Journal of Cell Science ◽

10.1242/jcs.235127 ◽

2019 ◽

Vol 132 (23) ◽

Author(s):

Wenhui Zhou ◽

Kayla M. Gross ◽

Charlotte Kuperwasser

Keyword(s):

Transcription Factor ◽

Cell Biology ◽

Molecular Mechanisms ◽

Epithelial To Mesenchymal Transition ◽

Zinc Finger Protein ◽

Main Role ◽

Biological Processes ◽

Developmental Defects ◽

Mesenchymal Transition ◽

Damage Repair

ABSTRACT The transcription factor Snai2, encoded by the SNAI2 gene, is an evolutionarily conserved C2H2 zinc finger protein that orchestrates biological processes critical to tissue development and tumorigenesis.
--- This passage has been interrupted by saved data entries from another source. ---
-- ===== src/Safety/Tests.antt =====
-- A global stop and its resumption, a repository's hold and its release, and the theorems at those
-- states, for a library whose hashes are the texts themselves.
use autocontribute.Base.{String, none, some, true, false, not, List, [], ◌∷◌, ◌≡◌, refl, arith}
use Prim.Native.String.{◌++◌ as join}
use mathlib.Core.List.{Memᴰ}
use autocontribute.Errors.{ok, err, state_error, policy_error}
use autocontribute.Safety.State.{
  Trigger, Stop, globally, repository, tripped, Safety, Library, new_safety,
}
use autocontribute.Safety.Breaker.{
  active_triggers, revision_of, trip, Status, circuit_breaker_status, assert_circuit_breaker_clear,
  cleared, resume, triggers_of, last, is_empty, verify_evidence,
}
use autocontribute.Safety.Holds.{
  hold, escalate, held_repositories, record_stop, with_hold, is_active, applies, active_holds,
  assert_publication_not_held,
}
use autocontribute.Safety.Steps.{here, next, stops}
use autocontribute.Safety.Evidence.{evidence_verified}
use autocontribute.Safety.Review.{start, later, stopped_until_resumed, resume_reviewed}
use autocontribute.Safety.Held.{start, later, held_until_released}

abbrev joined : List Trigger → String
joined [] = ""
joined (t ∷ ts) = join t.trigger_hash (joined ts)

abbrev plain : Library
plain = record {
  sha256 = λ text. text;
  json_sha256 = joined;
  show = λ n. "n";
  isoformat = λ n. "t";
  casefold = λ text. text;
}

abbrev complaint : Trigger
complaint = record { source = "feedback"; reason = "complaint"; trigger_hash = "c1" }

abbrev everything : Stop
everything = record {
  evidence = complaint;
  scope = globally;
  scope_key = "";
  expires_at = none;
  counts_toward_escalation = false;
}

abbrev one_repository : Stop
one_repository = record {
  evidence = record { source = "feedback"; reason = "not wanted"; trigger_hash = "h1" };
  scope = repository;
  scope_key = "owner/repo";
  expires_at = some 500;
  counts_toward_escalation = true;
}

abbrev created : Safety
created = new_safety 10

abbrev stopped : Safety
stopped = record created {
  events = record { epoch = 1; occurred_at = 20; kind = tripped; evidence = complaint } ∷ [];
  breaker = record (created.breaker) {
    is_tripped = true;
    changed_at = 20;
    evidence = some complaint;
  };
}

abbrev held : Safety
held = with_hold 30 one_repository created

stops_all : record_stop plain 20 everything created ≡ ok (true, stopped)
unfolding record_stop trip
stops_all = refl

stops_once : record_stop plain 25 everything stopped ≡ ok (false, stopped)
unfolding record_stop trip
stops_once = refl

resumes_all :
    resume plain 40 "op" "reviewed" "c1" stopped
    ≡ ok (true, cleared 40 "op" "reviewed" "c1" stopped)
unfolding resume active_triggers revision_of
resumes_all = refl

stale_revision : resume plain 40 "op" "reviewed" "c0" stopped ≡ err state_error
unfolding resume active_triggers revision_of
stale_revision = refl

stops_repository : record_stop plain 30 one_repository created ≡ ok (true, held)
unfolding record_stop hold escalate held_repositories
stops_repository = refl

other_repository : assert_publication_not_held plain 40 "owner/other" none held ≡ ok tt
unfolding assert_publication_not_held active_holds is_active applies
other_repository = refl

abbrev status_shown : Status
status_shown = record {
  is_tripped = true;
  epoch = 1;
  changed_at = 20;
  evidence = some complaint;
  active_revision = some "c1";
  active_triggers = complaint ∷ [];
}

shown : circuit_breaker_status plain stopped ≡ ok status_shown
unfolding circuit_breaker_status active_triggers
shown = refl

evidence_verified_example :
    (verify_evidence stopped ≡ ok tt)
    × ((status : Status) × (circuit_breaker_status plain stopped ≡ ok status)
        × (status.is_tripped ≡ not (is_empty status.active_triggers))
        × (status.active_triggers ≡ triggers_of stopped.breaker.epoch stopped.events)
        × (last status.active_triggers ≡ status.evidence))
evidence_verified_example =
    evidence_verified plain 10 stopped (next here (stops 20 everything true stopped stops_all))
      (omega arith)

stopped_until_resumed_example : assert_circuit_breaker_clear plain stopped ≡ err state_error
stopped_until_resumed_example =
    stopped_until_resumed plain 20 everything created stopped stopped refl stops_all
      (later start (stops 25 everything false stopped stops_once) refl)

resume_reviewed_example :
    (triggers_of stopped.breaker.epoch stopped.events ≡ status_shown.active_triggers)
    × (assert_circuit_breaker_clear plain (cleared 40 "op" "reviewed" "c1" stopped) ≡ ok tt)
    × (trip 50 complaint (cleared 40 "op" "reviewed" "c1" stopped)
        ≡ ok (false, cleared 40 "op" "reviewed" "c1" stopped))
resume_reviewed_example =
    resume_reviewed plain 10 40 "op" "reviewed" "c1" stopped stopped
      (cleared 40 "op" "reviewed" "c1" stopped) status_shown 50 complaint (λ same. refl)
      (next here (stops 20 everything true stopped stops_all)) shown refl start resumes_all
      (Memᴰ.head refl)

held_until_released_example :
    assert_publication_not_held plain 100 "owner/repo" none held ≡ err policy_error
unfolding is_active applies
held_until_released_example =
    held_until_released plain 30 100 one_repository created held held "owner/repo" none refl
      stops_repository start refl refl
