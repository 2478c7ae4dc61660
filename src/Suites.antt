-- ===== src/Suites.antt =====
-- Suite runs and what the checks of a fix conclude from them: src/autocontribute/suite_runs.py and the tests
-- part of src/autocontribute/fix_checks.py.
pub mod Results
pub mod Baseline
pub mod Sorted
pub mod Report
pub mod Regression
pub mod Unbroken
pub mod RedGreen
pub mod Reproduced
mod Tests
Initially characterized as a prototypical epithelial-to-mesenchymal transition (EMT) transcription factor, Snai2 has been shown more recently to participate in a wider variety of biological processes, including tumor metastasis, stem and/or progenitor cell biology, cellular differentiation, vascular remodeling and DNA damage repair. The main role of Snai2 in controlling such processes involves facilitating the epigenetic regulation of transcriptional programs, and, as such, its dysregulation manifests in developmental defects, disruption of tissue homeostasis, and other disease conditions. Here, we discuss our current understanding of the molecular mechanisms regulating Snai2 expression, abundance and activity. In addition, we outline how these mechanisms contribute to disease phenotypes or how they may impact rational therapeutic targeting of Snai2 dysregulation in human disease.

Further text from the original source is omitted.